» What this task involves
Return every line in the entries below where the word "made" shows up.

» Data supplied
-- ===== src/Host.antt =====
-- The machine under the agent. A program's calls of `os`, `os/exec`, `time` and `filepath` are
-- values; a host answers each from the calls made before it, which covers every host, however
-- its files, services and firewall change. `M` carries the host and the calls made so far.
mod Core
pub mod Log
pub mod Time
unfoldable pub use Core.*
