-- ===== src/States/Tests.antt =====
-- The states of a candidate and of its serving source, and the laws at them.
use iac_modules.Common.{String, ◌≡◌, refl, List, [], ◌∷◌, ok, starts_with}
use iac_modules.Json.{Value, str, arr, items, texts, mapping, find, eq}
use iac_modules.Contracts.Ownership.{owner_match}
use iac_modules.States.{
  Texts, Resources, add_instance, add_instances, add_resource, add_resources, state_resources,
  isolated_states, verify_retained,
}
use iac_modules.States.Laws.{
  IsIsolated, isolated_states-IsIsolated, IsRetained, verify_retained-IsRetained,
}

abbrev json : Texts
json = record { dumps = λ v. ""; sha256 = λ v. ""; show = λ v. "" }

abbrev resource : String → String → String → String → Value
resource group kind name id = mapping (
    ("module", str group)
    ∷ ("type", str kind)
    ∷ ("name", str name)
    ∷ ("provider", str "provider[\"linode\"]")
    ∷ ("instances", arr (items (mapping (("attributes", mapping (("id", str id) ∷ [])) ∷ []) ∷ [])))
    ∷ [])

abbrev state : String → List Value → Value
state lineage resources =
    mapping (("lineage", str lineage) ∷ ("resources", arr (items resources)) ∷ [])

abbrev firewall : Value
firewall = resource "module.network" "linode_firewall" "web" "7"

abbrev candidate : Value
candidate = state "c" (resource "module.compute_next" "linode_instance" "node" "2" ∷ firewall ∷ [])

abbrev source : Value
source = state "s" (resource "module.compute_web" "linode_instance" "node" "1" ∷ [])

abbrev cleaned : Value
cleaned = state "c" (firewall ∷ [])

abbrev selected : Resources
selected = ("module.compute_next.linode_instance.node", ("linode", "linode_instance", "2")) ∷ []

abbrev kept : Resources
kept = ("module.network.linode_firewall.web", ("linode", "linode_firewall", "7")) ∷ []

abbrev current : Resources
current = ("module.compute_next.linode_instance.node", ("linode", "linode_instance", "2")) ∷ kept

abbrev owners : List String
owners = "module.compute_next" ∷ []

abbrev target : Value
target = mapping (
    (
      "validation",
      mapping (
          ("destroy_owners", texts owners)
          ∷ ("source_binding", mapping (("owners", texts ("module.compute_web" ∷ [])) ∷ []))
          ∷ []),
    )
    ∷ (
      "stages",
      mapping (
          (
            "resources",
            mapping (
                ("owners", texts ("module.compute_next" ∷ "module.network" ∷ []))
                ∷ ("protected", texts ("module.network" ∷ []))
                ∷ []),
          )
          ∷ []),
    )
    ∷ [])

-- The functions that a run calls.
reading : Unit {0}
unfolding isolated_states verify_retained state_resources add_resources add_resource add_instances
    add_instance owner_match find eq starts_with
reading = tt

are_isolated : isolated_states json target candidate source ≡ ok (current, selected)
unfolding reading
are_isolated = refl

is_retained : verify_retained json current cleaned owners ≡ ok tt
unfolding reading
is_retained = refl

isolated_states-IsIsolated_example : IsIsolated json target candidate source current selected
isolated_states-IsIsolated_example =
    isolated_states-IsIsolated json target candidate source current selected are_isolated

verify_retained-IsRetained_example :
    (found : Resources) × (state_resources json cleaned ≡ ok found)
    × IsRetained current found owners
verify_retained-IsRetained_example =
    verify_retained-IsRetained json current cleaned owners is_retained

is_read : state_resources json candidate ≡ ok current
unfolding reading
is_read = refl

» Exercise result
-- values; a host answers each from the calls made before it, which covers every host, however
-- its files, services and firewall change. `M` carries the host and the calls made so far.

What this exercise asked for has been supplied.